• _Task directions_
Lines to return, exactly: from the line with "(any-of_mem same row" to the line with "insert_again db row" in the entries below, both included.
***** Excerpted records
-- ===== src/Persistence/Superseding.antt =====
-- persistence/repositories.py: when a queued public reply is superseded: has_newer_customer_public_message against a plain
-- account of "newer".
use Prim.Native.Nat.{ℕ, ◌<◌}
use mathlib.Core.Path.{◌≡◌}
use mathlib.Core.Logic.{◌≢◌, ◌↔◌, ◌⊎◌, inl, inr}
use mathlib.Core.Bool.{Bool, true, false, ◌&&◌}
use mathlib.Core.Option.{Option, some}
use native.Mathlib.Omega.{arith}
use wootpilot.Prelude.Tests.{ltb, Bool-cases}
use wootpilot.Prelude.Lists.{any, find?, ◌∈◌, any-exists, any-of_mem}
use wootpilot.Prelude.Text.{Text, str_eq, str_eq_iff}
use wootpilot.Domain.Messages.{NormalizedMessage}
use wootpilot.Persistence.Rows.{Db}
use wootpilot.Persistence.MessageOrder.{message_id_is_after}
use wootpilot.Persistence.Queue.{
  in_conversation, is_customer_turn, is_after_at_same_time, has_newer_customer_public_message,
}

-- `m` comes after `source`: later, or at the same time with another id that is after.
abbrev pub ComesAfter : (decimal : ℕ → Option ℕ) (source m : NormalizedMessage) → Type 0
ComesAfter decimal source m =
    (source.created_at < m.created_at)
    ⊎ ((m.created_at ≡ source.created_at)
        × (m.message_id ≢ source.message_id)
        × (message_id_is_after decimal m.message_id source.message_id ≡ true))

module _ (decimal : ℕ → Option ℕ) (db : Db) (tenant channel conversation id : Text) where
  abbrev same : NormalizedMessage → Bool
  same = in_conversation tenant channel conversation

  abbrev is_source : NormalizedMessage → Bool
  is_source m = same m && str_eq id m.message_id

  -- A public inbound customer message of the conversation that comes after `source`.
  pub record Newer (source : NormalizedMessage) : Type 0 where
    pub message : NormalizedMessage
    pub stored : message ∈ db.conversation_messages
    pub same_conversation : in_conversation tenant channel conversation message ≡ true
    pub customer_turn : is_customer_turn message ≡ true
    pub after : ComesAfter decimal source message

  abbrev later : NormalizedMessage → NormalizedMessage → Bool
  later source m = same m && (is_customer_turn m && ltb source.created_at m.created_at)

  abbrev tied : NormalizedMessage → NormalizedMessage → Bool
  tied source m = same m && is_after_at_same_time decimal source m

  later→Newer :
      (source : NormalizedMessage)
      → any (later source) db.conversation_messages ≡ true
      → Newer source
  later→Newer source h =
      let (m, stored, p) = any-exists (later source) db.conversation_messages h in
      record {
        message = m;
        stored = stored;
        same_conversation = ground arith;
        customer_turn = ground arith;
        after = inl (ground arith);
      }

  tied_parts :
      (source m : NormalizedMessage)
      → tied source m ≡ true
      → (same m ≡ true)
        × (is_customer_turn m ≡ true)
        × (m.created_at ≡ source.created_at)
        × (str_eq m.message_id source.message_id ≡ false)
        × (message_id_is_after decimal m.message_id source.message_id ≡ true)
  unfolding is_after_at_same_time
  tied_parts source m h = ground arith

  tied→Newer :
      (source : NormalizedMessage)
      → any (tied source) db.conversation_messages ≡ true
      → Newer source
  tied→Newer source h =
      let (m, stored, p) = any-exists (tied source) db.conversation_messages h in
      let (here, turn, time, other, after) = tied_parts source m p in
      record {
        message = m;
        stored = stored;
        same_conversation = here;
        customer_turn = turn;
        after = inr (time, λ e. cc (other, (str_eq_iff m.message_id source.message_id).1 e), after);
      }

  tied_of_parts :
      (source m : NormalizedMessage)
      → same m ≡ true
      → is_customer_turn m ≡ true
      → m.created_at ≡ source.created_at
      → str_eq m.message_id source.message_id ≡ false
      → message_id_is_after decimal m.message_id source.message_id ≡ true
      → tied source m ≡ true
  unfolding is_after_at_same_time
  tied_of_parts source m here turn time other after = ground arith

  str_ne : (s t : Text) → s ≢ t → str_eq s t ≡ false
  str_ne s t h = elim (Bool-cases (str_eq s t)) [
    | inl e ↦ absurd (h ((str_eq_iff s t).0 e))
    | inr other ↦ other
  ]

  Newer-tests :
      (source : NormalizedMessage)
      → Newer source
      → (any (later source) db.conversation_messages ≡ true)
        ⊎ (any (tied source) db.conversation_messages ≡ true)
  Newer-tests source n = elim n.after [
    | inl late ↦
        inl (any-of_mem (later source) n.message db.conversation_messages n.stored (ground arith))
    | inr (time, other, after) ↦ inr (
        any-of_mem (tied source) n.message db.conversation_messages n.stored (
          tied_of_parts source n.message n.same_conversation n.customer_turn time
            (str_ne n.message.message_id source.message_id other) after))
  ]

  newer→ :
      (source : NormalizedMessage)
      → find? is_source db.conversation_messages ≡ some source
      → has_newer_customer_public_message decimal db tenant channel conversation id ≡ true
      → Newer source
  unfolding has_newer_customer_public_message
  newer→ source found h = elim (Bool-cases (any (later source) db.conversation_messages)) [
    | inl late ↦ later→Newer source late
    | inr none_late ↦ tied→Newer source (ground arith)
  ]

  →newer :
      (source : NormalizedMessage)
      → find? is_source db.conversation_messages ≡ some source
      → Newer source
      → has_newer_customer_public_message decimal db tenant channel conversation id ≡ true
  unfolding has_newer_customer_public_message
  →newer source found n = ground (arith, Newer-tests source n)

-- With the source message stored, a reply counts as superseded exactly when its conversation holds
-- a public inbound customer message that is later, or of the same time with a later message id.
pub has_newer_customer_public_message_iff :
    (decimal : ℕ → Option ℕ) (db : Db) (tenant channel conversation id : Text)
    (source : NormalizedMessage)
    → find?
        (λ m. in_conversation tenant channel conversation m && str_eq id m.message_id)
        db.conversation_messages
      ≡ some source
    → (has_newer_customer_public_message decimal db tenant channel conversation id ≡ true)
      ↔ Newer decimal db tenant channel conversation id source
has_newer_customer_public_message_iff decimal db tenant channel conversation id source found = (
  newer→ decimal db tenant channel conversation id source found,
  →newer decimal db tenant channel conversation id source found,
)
**********
***** Excerpted records
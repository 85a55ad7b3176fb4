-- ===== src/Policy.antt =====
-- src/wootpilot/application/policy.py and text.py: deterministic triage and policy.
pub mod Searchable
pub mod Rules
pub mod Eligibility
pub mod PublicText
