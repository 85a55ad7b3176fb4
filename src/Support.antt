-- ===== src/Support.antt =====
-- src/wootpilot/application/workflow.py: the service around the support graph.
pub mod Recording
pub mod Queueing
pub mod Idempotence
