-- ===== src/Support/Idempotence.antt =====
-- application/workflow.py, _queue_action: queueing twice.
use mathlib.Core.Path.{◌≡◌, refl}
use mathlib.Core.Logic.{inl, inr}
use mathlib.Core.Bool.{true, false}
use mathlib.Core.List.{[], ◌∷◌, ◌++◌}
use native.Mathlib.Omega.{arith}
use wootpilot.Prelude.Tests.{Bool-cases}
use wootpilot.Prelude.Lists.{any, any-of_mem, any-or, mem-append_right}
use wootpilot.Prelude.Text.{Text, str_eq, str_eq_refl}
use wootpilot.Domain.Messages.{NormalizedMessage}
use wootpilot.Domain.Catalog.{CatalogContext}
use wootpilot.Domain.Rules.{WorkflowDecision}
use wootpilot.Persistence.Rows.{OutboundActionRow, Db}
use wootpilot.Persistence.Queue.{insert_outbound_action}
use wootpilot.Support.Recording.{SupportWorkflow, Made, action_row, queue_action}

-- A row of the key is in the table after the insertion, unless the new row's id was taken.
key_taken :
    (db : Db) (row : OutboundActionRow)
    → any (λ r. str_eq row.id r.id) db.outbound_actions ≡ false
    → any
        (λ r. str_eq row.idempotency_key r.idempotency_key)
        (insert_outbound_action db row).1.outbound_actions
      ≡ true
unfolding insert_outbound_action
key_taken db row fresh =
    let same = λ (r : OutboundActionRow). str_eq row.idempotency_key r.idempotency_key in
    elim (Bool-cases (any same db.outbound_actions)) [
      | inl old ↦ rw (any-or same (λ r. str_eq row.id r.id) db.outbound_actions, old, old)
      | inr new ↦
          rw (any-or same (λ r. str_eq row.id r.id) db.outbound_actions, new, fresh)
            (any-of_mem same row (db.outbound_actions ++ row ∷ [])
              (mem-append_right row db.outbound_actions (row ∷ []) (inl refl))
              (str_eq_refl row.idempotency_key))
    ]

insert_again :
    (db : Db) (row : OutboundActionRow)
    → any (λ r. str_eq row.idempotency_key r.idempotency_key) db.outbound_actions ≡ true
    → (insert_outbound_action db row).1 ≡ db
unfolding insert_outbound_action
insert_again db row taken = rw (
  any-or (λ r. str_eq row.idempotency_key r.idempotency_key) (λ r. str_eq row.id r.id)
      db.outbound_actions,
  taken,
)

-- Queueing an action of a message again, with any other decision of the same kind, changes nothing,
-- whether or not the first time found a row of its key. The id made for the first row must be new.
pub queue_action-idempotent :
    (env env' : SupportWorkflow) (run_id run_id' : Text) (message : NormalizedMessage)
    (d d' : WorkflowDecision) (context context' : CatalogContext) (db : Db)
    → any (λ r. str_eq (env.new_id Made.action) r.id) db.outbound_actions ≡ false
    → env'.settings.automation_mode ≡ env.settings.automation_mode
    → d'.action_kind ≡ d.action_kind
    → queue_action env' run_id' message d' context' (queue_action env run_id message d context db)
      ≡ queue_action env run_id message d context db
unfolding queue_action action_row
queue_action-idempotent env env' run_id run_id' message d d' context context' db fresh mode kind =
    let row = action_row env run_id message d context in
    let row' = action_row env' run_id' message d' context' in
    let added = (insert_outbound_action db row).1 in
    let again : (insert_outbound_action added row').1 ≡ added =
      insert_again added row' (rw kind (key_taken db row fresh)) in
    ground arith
**********
• _Written response_
            (any-of_mem same row (db.outbound_actions ++ row ∷ [])
              (mem-append_right row db.outbound_actions (row ∷ []) (inl refl))
              (str_eq_refl row.idempotency_key))
    ]

insert_again :
    (db : Db) (row : OutboundActionRow)
    → any (λ r. str_eq row.idempotency_key r.idempotency_key) db.outbound_actions ≡ true
    → (insert_outbound_action db row).1 ≡ db
unfolding insert_outbound_action
insert_again db row taken = rw (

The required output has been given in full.